Stored data entries
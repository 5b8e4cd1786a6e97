-- ===== src/Tests/Pool.antt =====
-- A run of the message pool: a message is taken, retained, and released twice.
use mblue.Common.{refl, false, [], ◌∷◌}
use mblue.Message.Pool.{
  MessageList, zero_message, get_mblue_message_list_instance, get_mblue_message,
  mblue_message_alloc, mblue_message_get, mblue_message_init, link_from, take_first,
}
use mblue.Message.Pool.Conservation.{IsPool, Reach, Reach-IsPool}

-- The pool before it is first used.
abbrev unset : MessageList
unset = record { ready = false; count = 0; msg_list = []; mblue_message_pool = λ i. zero_message }

abbrev fresh : MessageList
fresh = get_mblue_message_list_instance unset

abbrev taken : MessageList
taken = (mblue_message_alloc fresh).1

fresh-Reach : Reach fresh []
fresh-Reach = Reach.start unset refl

taken-Reach : Reach taken (0 ∷ [])
unfolding mblue_message_alloc mblue_message_get get_mblue_message_list_instance mblue_message_init
    link_from take_first
taken-Reach = Reach.alloc fresh-Reach refl

retained-Reach : Reach (get_mblue_message (get_mblue_message taken 0) 0) (0 ∷ [])
retained-Reach = Reach.retain 0 (Reach.retain 0 taken-Reach)

Reach-IsPool_example : IsPool (get_mblue_message (get_mblue_message taken 0) 0) (0 ∷ [])
Reach-IsPool_example = Reach-IsPool retained-Reach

Brief ▸ Once you have identified the lines above that contain "MessageList", copy each of them.

Exercise answer ▸
  MessageList, zero_message, get_mblue_message_list_instance, get_mblue_message,
abbrev unset : MessageList
abbrev fresh : MessageList
abbrev taken : MessageList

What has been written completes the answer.